Nowadays on most Linux installations (RHEL/CentOS, Ubuntu) I work on in the field, python 2 is installed by default. Python 2 comes with its own webserver module called SimpleHTTPServer. When it is invoked from the command line, it will by default serve up the current directory over http on port 8000. Since the remote machine is running firewalld, I first have to open tcp port 8000:

[archjun@d257 bin]$ sudo firewall-cmd --zone=internal --add-port=8000/tcp
[sudo] password for archjun: 
success

[archjun@d257 playground]$ python2 -m SimpleHTTPServer
Serving HTTP on 0.0.0.0 port 8000 ...
192.168.10.63 - - [16/Oct/2015 23:18:36] "GET / HTTP/1.1" 200 -
192.168.10.63 - - [16/Oct/2015 23:18:36] "GET /favicon.ico HTTP/1.1" 404 -
192.168.10.63 - - [16/Oct/2015 23:18:41] "GET /foo-replace HTTP/1.1" 200 -

Note that in Archlinux python 2 must be invoked with python2. Since 2014, python 3 has been the default python in Arch. In Python 3, invoking the built-in webserver is a bit different. The module name is http.server:

[archjun@d257 playground]$ python -m http.server
Serving HTTP on 0.0.0.0 port 8000 ...
192.168.10.63 - - [16/Oct/2015 23:31:54] "GET /test_sed_replace.txt HTTP/1.1" 200 -
192.168.10.63 - - [16/Oct/2015 23:31:58] "GET /play-w-bash-functions.sh HTTP/1.1" 200 -

Now if I navigate to 192.168.10.57:8000 from another machine on the local network, I get the following HTML page listing the contents of ~/playground:


Much easier than configuring apache/httpd, isn't it? Although the page reads, "Directory listing for /" it is actually serving up ~/playground from host d257. Output is the same for SimpleHTTPServer and http.server. If you want to change the port number, simply add the port you wish to use after the module name, i.e. python -m http.server 8080. Note that if you want to use a port below 1024, you must invoke the webserver as root (but be aware of the security risks).


Darkhttpd

I am a big fan of darkhttpd. I normally use it in a PXE server setup with tftpboot and dnsmasq to serve up files over http as I detailed in this post. While python's built-in webserver is fine for serving up a few files in a pinch, darkhttpd will handle tens of GB of transfers without any hiccups, as I can attest to when installing Linux on multiple machines from a PXE server sending files over 1 gigabit Ethernet.

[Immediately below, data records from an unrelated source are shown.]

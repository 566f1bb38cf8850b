-- ===== src/Backend/WorkerToken.antt =====
-- backend/app/services/internal/worker_auth_service.py: a worker that shows its secret gets a token.
-- What signs the token stands outside, as a function of the claims and the key.
pub mod Issue
use manifeed.Common.{
  end_of_time, ℕ, ◌+◌, ◌-◌, ◌/◌, max, Bool, true, false, ◌||◌, Option, none, some, List, [], ◌∷◌,
  String, Instant, seconds, days, epoch, ℤ, pos, negsuc, parse_int, strip, split, cut, is_empty,
  str_eq, ◌==◌, ltb, is_nil, if◌then◌else◌, Outcome, ok, err, Error,
}

-- The environment variables.
pub record Settings : Type 0 where
  pub worker_credentials : Option String
  pub worker_id : Option String
  pub worker_secret : Option String
  pub worker_token_secret : Option String
  pub worker_token_ttl_seconds : Option String

-- A request that meets the lengths of its schema.
pub record WorkerTokenRequest : Type 0 where
  pub worker_id : String
  pub worker_secret : String

-- The claims that are signed, with times in seconds since 1970.
pub record Claims : Type 0 where
  pub sub : String
  pub iat : ℕ
  pub exp : ℕ
  pub scope : String

pub record WorkerTokenRead : Type 0 where
  pub access_token : String
  pub expires_at : Instant

-- `os.getenv(name, default)`
abbrev pub getenv : Option String → String → String
getenv none default = default
getenv (some value) _ = value

-- A dictionary: an item that is set keeps its place.
abbrev pub Credentials : Type 0
Credentials = List (String × String)

unfoldable pub get : String → Credentials → Option String
get k [] = none
get k ((a, v) ∷ d) = let rest = get k d in if str_eq a k then some v else rest

unfoldable pub set : String → String → Credentials → Credentials
set k v [] = (k, v) ∷ []
set k v ((a, w) ∷ d) = let rest = set k v d in if str_eq a k then (a, v) ∷ d else (a, w) ∷ rest

abbrev pub default_worker_token_ttl_seconds : ℕ
default_worker_token_ttl_seconds = 3600

-- An item `id:secret` with both sides stripped; another one is skipped.
abbrev credential_of : String × Option String → Option (String × String)
credential_of (_, none) = none
credential_of (worker_id, some worker_secret) =
    if is_empty (strip worker_id) || is_empty (strip worker_secret)
    then none
    else some (strip worker_id, strip worker_secret)

unfoldable pub read_credential : String → Option (String × String)
read_credential chunk = credential_of (cut (λ c. c == 58) (strip chunk))

abbrev pub keep_credential : Option (String × String) → Credentials → Credentials
keep_credential none credentials = credentials
keep_credential (some (worker_id, worker_secret)) credentials =
    set worker_id worker_secret credentials

unfoldable pub collect_credentials : List String → Credentials → Credentials
unfolding read_credential set
collect_credentials [] credentials = credentials
collect_credentials (chunk ∷ chunks) credentials =
    collect_credentials chunks (keep_credential (read_credential chunk) credentials)

-- The single worker that is known where WORKER_CREDENTIALS names none.
abbrev pub fallback_credentials : Settings → Credentials
fallback_credentials env =
    (getenv env.worker_id "worker_rss_scrapper", getenv env.worker_secret "change-me") ∷ []

unfoldable pub resolve_worker_credentials : Settings → Credentials
unfolding collect_credentials
resolve_worker_credentials env =
    let credentials_env = strip (getenv env.worker_credentials "") in
    let credentials = collect_credentials (split 44 credentials_env) [] in
    if is_empty credentials_env || is_nil credentials then fallback_credentials env else credentials

abbrev pub ttl_of : Option ℤ → ℕ
ttl_of none = default_worker_token_ttl_seconds
ttl_of (some (pos n)) = max 60 n
ttl_of (some (negsuc n)) = 60

unfoldable pub resolve_token_ttl_seconds : Settings → ℕ
resolve_token_ttl_seconds env = ttl_of (parse_int (getenv env.worker_token_ttl_seconds "3600"))

-- `int(t.timestamp())` of a time behind 1970
abbrev pub timestamp : Instant → ℕ
timestamp t = (t - epoch) / 1000000

abbrev pub has_secret : Option String → String → Bool
has_secret none worker_secret = false
has_secret (some expected) worker_secret = str_eq expected worker_secret

-- The claims that are signed, and the answer.
unfoldable pub issue_worker_access_token :
    (Claims → String → String)
    → Settings
    → Instant
    → WorkerTokenRequest
    → Outcome (Claims × WorkerTokenRead)
unfolding resolve_worker_credentials resolve_token_ttl_seconds get
issue_worker_access_token encode env now payload =
    let expires_at = now + seconds (resolve_token_ttl_seconds env) in
    let claims : Claims = record {
      sub = payload.worker_id;
      iat = timestamp now;
      exp = timestamp expires_at;
      scope = "worker";
    } in
    if has_secret (get payload.worker_id (resolve_worker_credentials env)) payload.worker_secret
    then (if ltb expires_at end_of_time
        then ok (
          claims,
          record {
            access_token =
                encode claims (getenv env.worker_token_secret "manifeed-worker-token-secret");
            expires_at = expires_at;
          },
        )
        else err Error.overflow_error)
    else err (Error.http_exception 401)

By default, darkhttpd will share the specified directory on tcp port 8080, but you can specify a different port with the --port option:

[archjun@d257 playground]$ darkhttpd . --port 8000
darkhttpd/1.11, copyright (c) 2003-2015 Emil Mikulic.
listening on: http://0.0.0.0:8000/
1445006481 192.168.10.63 "GET /" 200 1024 "" "Mozilla/5.0 (X11; Linux x86_64) AppleWebKit/537.36 (KHTML, like Gecko) Chrome/46.0.2490.71 Safari/537.36"
1445006504 192.168.10.63 "GET /netcat_file.svg" 200 1463 "http://192.168.10.57:8000/" "Mozilla/5.0 (X11; Linux x86_64) AppleWebKit/537.36 (KHTML, like Gecko) Chrome/46.0.2490.71 Safari/537.36"

Navigating to 192.168.10.57:8000 from another machine shows the following HTML page:


btw if you launch darkhttpd as root, it will share the specified directory on tcp port 80.


Conclusion

If you ever find yourself on a locked-down machine without ssh, give netcat, python webservers and darkhttpd a try. In the examples above, opening ports using firewalld is quite easy compared to editing and reloading static iptables rules. I am so glad that RHEL 7.x uses firewalld by default!